# Is an RC73 remote the same as a RC71 remote



## calguy99 (Dec 2, 2004)

Hi I have a two year old Genie HR44 and same age Genie Mini C41's in three rooms. They all use RF to control the Genies and TVs. On one of the remotes the "Exit" button quit working so I was thinking of getting a replacement from Amazon. The remote I was looking at was this one>>> https://www.amazon.com/DIRECTV-RC73-REMOTE-CLIENTS-DIRECTVS/dp/B00WY0077A/ref=sr_1_1?ie=UTF8&qid=1471190740&sr=8-1&keywords=directv+genie+remote All the remotes I presently have are RC71 and the one on Amazon is an RC73. My question is will the RC73 work with my HR44?

Thanks


----------



## MysteryMan (May 17, 2010)

Yes.


----------



## calguy99 (Dec 2, 2004)

Thank you.
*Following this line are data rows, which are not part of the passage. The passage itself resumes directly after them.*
-- ===== src/Report.antt =====
-- src/library/tools/report.cc: a report, its columns and its cells, which stand row by row in one
-- list. The content of a cell is what a value holds: numbers by their bits. The headers are C
-- texts. What an exception of `push_back` leaves behind is a part of the result.

pub mod Write
pub mod Rows
pub mod Table
mod Examples
use libudjat.Base.{ℕ, Option, none, some, List, [], ◌∷◌, ◌++◌, Bytes, ◌>>=◌, Result, err, ok}
use libudjat.Value.{
  ValueType, TextType, Value, array_type, object_type, report_type, undefined, array, object, text,
  timestamp, signed, boolean, unsigned, state, real, fraction, report,
}
use libudjat.Value.Text.{children, child, TextError}

-- `Report::Cell`; `odd_cell` is what the exception of `set` leaves behind.
pub data Cell : Type 0 where
  empty_cell : Cell
  odd_cell : ValueType → Cell
  text_cell : TextType → Bytes → Cell
  timestamp_cell signed_cell state_cell unsigned_cell : ℕ → Cell
  boolean_cell real_cell fraction_cell : ℕ → Cell

pub data ReportError : Type 0 where
  already_started invalid_cell no_column cant_convert past_end : ReportError

pub record Report : Type 0 where
  pub caption : Bytes
  pub headers : List Bytes
  pub cells : List Cell

abbrev pub empty_report : Report
empty_report = record { caption = []; headers = []; cells = [] }

-- `set_headers`
abbrev pub set_headers : List Bytes → Report → Result ReportError Report
set_headers names r = elim r.headers [
  | [] ↦ ok (record r { headers = names })
  | h ∷ hs ↦ err already_started
]

-- `Report(names)`
abbrev pub of_names : List Bytes → Report
of_names names = record empty_report { headers = names }

-- `Cell::set(value)`
abbrev pub shown : Option Bytes → Bytes
shown none = []
shown (some s) = s

abbrev pub set_cell : Value → Option ReportError × Cell
set_cell undefined = (none, empty_cell)
set_cell (text t s) = (none, text_cell t (shown s))
set_cell (timestamp n) = (none, timestamp_cell n)
set_cell (state n) = (none, state_cell n)
set_cell (signed n) = (none, signed_cell n)
set_cell (unsigned n) = (none, unsigned_cell n)
set_cell (boolean n) = (none, boolean_cell n)
set_cell (real n) = (none, real_cell n)
set_cell (fraction n) = (none, fraction_cell n)
set_cell (array xs) = (some invalid_cell, odd_cell array_type)
set_cell (object ms) = (some invalid_cell, odd_cell object_type)
set_cell (report n) = (some invalid_cell, odd_cell report_type)

-- `Report(first_row)`: the value goes into a copy of the new cell.
abbrev pub set_all : List (Bytes × Value) → Result ReportError (List Bytes × List Cell)
set_all [] = ok ([], [])
set_all ((name, v) ∷ values) = do
  (names, cells) ← set_all values
  elim (set_cell v).0 [ none ↦ ok (name ∷ names, empty_cell ∷ cells) | some e ↦ err e ]

unfoldable pub of_row : Value → Result ReportError Report
unfolding children
of_row first_row = do
  (names, cells) ← set_all (children first_row)
  ok (record { caption = []; headers = names; cells = cells })

-- `push_back(value)`: the cell is there before the value is looked up and set.
abbrev pub found_cell : Result TextError Value → Option ReportError × Cell
found_cell (err e) = (some no_column, empty_cell)
found_cell (ok v) = set_cell v

-- The cell, and those of the columns behind it unless it throws.
abbrev pub then_cells :
    Option ReportError × Cell → Option ReportError × List Cell → Option ReportError × List Cell
then_cells (none, c) rest = (rest.0, c ∷ rest.1)
then_cells (some e, c) rest = (some e, c ∷ [])

unfoldable pub row_cells : List Bytes → Value → Option ReportError × List Cell
unfolding child
row_cells [] row = (none, [])
row_cells (name ∷ names) row = then_cells (found_cell (child name row)) (row_cells names row)

abbrev pub put_cells : Option ReportError × List Cell → Report → Option ReportError × Report
put_cells (e, new) r = (e, record r { cells = r.cells ++ new })

unfoldable pub push_back : Value → Report → Option ReportError × Report
unfolding row_cells
push_back (object ms) r = put_cells (row_cells r.headers (object ms)) r
push_back v r = put_cells ((set_cell v).0, (set_cell v).1 ∷ []) r

-- `push_back<T>(value)`, with the cell that `set` makes of a text, a number, a time or a bool.
abbrev pub push_cell : Cell → Report → Report
push_cell cell r = record r { cells = r.cells ++ cell ∷ [] }

-- `caption(str)`
abbrev pub set_caption : Bytes → Report → Report
set_caption s r = record r { caption = s }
Any links or howto's on programming the RC73 to link it to a specific receiver so it doesn't interfere with other receivers in the house. Thanks again.


----------



## MysteryMan (May 17, 2010)

calguy99 said:


> Thank you. Any links or howto's on programming the RC73 to link it to a specific receiver so it doesn't interfere with other receivers in the house. Thanks again.


Menu - Settings & Help - Settings - Remote Control, then select the device you wish to program. Follow the on screen prompts.


----------



## peds48 (Jan 11, 2008)

The only difference between the RC71 and RC73 is 2 added (hard) codes for RVU TVs. LG, Sony. To pair the remote you can follow the post on top or simply press and hold MUTE and ENTER for a few seconds. Much easier tho way. 


Sent from my iPad Pro using Tapatalk


----------